UDP over v6: payload truncated at 1024 bytes

Per Hedeland hedeland@REDACTED
Wed Apr 7 17:03:09 CEST 2004


Matthias Lang <matthias@REDACTED> wrote:
>
>I know that Fredrik's immediate problem [erlang's UDP receive buffer
>size was too small for his application] has been solved, but the claim
>that UDP packets aren't re-assembled by the OS has been bugging me for
>a few days:

You get bugged too easily.:-)

> Peter Lund> At least in IPv4 (and TCP) you cannot ever count on any packet
> Peter Lund> of any size to arrive at the destination without being fragmented
> Peter Lund> into 2 or more parts. 
>
>This is true at L1, but it is not relevant to Fredrik's problem.
>
> Fredrik> But surely the operating system should re-assemble the 
> Fredrik> two fragments before passing it to the application, even 
> Fredrik> for UDP, no?
>
> Peter Lund> No!
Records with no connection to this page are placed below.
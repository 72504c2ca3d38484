-- ===== src/Base/Fresh.antt =====
-- The loops that look for a free name: `for n := 2; taken(id); n++ { id = fmt.Sprintf("%s-%d", base, n) }`.
-- They run on fuel; where the taken names stand in a list, one round more than its length is enough.
use Prim.Native.Nat.{ℕ, zero, suc, ◌+◌, ◌≤◌, ◌<◌}
use mathlib.Core.Path.{◌≡◌, ap, sym, ◌∙◌}
use mathlib.Core.Logic.{◌≢◌, inl, inr}
use mathlib.Core.Bool.{Bool, true, false, not}
use mathlib.Core.List.{List, [], ◌∷◌, ◌++◌}
use mathlib.Core.Option.{some}
use native.Mathlib.Omega.{arith}
use linuxgsm_dashboard.Base.Tests.{ltb, if◌then◌else◌, Bool-cases}
use linuxgsm_dashboard.Base.Texts.{Text, eqt, eqt_iff, text_mem}
use linuxgsm_dashboard.Base.Lists.{length, keep, length-append}
use linuxgsm_dashboard.Base.Numbers.{itoa, digits_from, digits-itoa}

-- The first name, and the names behind it: base, base-2, base-3, …
unfoldable pub candidate : Text → ℕ → Text
candidate base n = if ltb n 2 then base else base ++ (b'-' ∷ itoa n)

unfoldable pub first_free : ℕ → Text → (Text → Bool) → ℕ → Text
first_free zero base taken n = candidate base n
first_free (suc fuel) base taken n =
    let later = first_free fuel base taken (n + 1) in
    if taken (candidate base n) then later else candidate base n

itoa_injective : (m n : ℕ) → itoa m ≡ itoa n → m ≡ n
itoa_injective m n e =
    let p : some m ≡ some n = sym (digits-itoa m) ∙ ap (digits_from 0) e ∙ digits-itoa n in cc

append_cancel : (base s t : Text) → base ++ s ≡ base ++ t → s ≡ t
append_cancel [] s t e = e
append_cancel (c ∷ base) s t e = append_cancel base s t (cc)

longer : (base s : Text) (c : ℕ) → base ≢ base ++ (c ∷ s)
longer base s c e = omega (arith, ap length e, length-append base (c ∷ s))

candidate_injective : (base : Text) (m n : ℕ) → 1 ≤ m → m < n → candidate base m ≢ candidate base n
unfolding candidate
candidate_injective base m n one lt e = elim (Bool-cases (ltb m 2)) [
  | inl first ↦ longer base (itoa n) b'-' (ground arith)
  | inr later ↦
      let p : base ++ (b'-' ∷ itoa m) ≡ base ++ (b'-' ∷ itoa n) = ground arith in
      let q : b'-' ∷ itoa m ≡ b'-' ∷ itoa n = append_cancel base _ _ p in
      let r : itoa m ≡ itoa n = cc in omega (arith, itoa_injective m n r)
]

without : Text → List Text → List Text
without t = keep (λ s. not (eqt s t))

text_mem-without :
    (t s : Text) (names : List Text)
    → t ≢ s
    → text_mem s names ≡ true
    → text_mem s (without t names) ≡ true
unfolding without text_mem
text_mem-without t s [] d h = cc
text_mem-without t s (n ∷ names) d h =
    ground (arith, text_mem-without t s names d, eqt_iff n t, eqt_iff n s, eqt_iff s n, eqt_iff t s)

length-without-le : (t : Text) (names : List Text) → length (without t names) ≤ length names
unfolding without
length-without-le t [] = omega arith
length-without-le t (n ∷ names) = ground (arith, length-without-le t names)

length-without-lt :
    (t : Text) (names : List Text)
    → text_mem t names ≡ true
    → length (without t names) < length names
unfolding without text_mem
length-without-lt t [] h = cc
length-without-lt t (n ∷ names) h =
    ground (arith, length-without-lt t names, length-without-le t names, eqt_iff n t, eqt_iff t n)

-- With more fuel than there are taken names, the name that is found is free.
pub first_free_lem :
    (fuel : ℕ) (base : Text) (taken : Text → Bool) (n : ℕ) (names : List Text)
    → 1 ≤ n
    → ((k : ℕ)
        → n ≤ k
        → k ≤ n + fuel
        → taken (candidate base k) ≡ true
        → text_mem (candidate base k) names ≡ true)
    → length names ≤ fuel
    → taken (first_free fuel base taken n) ≡ false
unfolding first_free
first_free_lem zero base taken n [] one h f = elim (Bool-cases (taken (candidate base n))) [
  | inl bad ↦ let m = h n (omega arith) (omega arith) bad in unfold text_mem in cc
  | inr fine ↦ fine
]
first_free_lem zero base taken n (t ∷ names) one h f = absurd (omega arith)
first_free_lem (suc fuel) base taken n names one h f =
    elim (Bool-cases (taken (candidate base n))) [
      | inr fine ↦ rw (fine, first_free) fine
      | inl bad ↦
          rw (bad, first_free)
            (first_free_lem fuel base taken (n + 1) (without (candidate base n) names) (omega arith)
              (λ k le top hit.
                text_mem-without (candidate base n) (candidate base k) names
                  (candidate_injective base n k one (omega arith))
                  (h k (omega arith) (omega arith) hit))
              (omega (
                arith,
                length-without-lt (candidate base n) names (h n (omega arith) (omega arith) bad),
              )))
    ]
The OS (any OS) does not help you when running TCP/IPv4.
>
>No!!!! Fredrik is correct.
>
>Linux DOES re-assemble fragmented IP datagrams for TCP/IPv4.

Yes, of course.

>I suspect that re-assembling IP datagrams is required by POSIX,
>i.e. the behaviour will be the same for Solaris, BSD and modern
>variants of Windows. But I haven't checked that. Nor do I have my copy
>of Stevens handy.

Absolutely true - in fact there's no possible way for an application to
handle IP fragmentation itself via the standard socket API - the
information needed just isn't available (fragments can of course arrive
out of order, or be lost).

What Peter was talking about was something entirely different - the
issue of implementing a datagram service on top of TCP (like, say,
Erlang distribution does). Since TCP will not preserve the boundaries of
these "user-level datagrams" for you, you have to do it yourself -
otherwise you'll run the risk of not just getting datagram "fragments",
but of multiple datagrams being concatenated, or any combination of the
two (e.g. last part of one datagram and first part of the next one).

This issue doesn't exist with UDP, since it's a "true" datagram service
- it does preserve the boundaries for you. Instead there are many other
issues, one of which Fredrik ran into.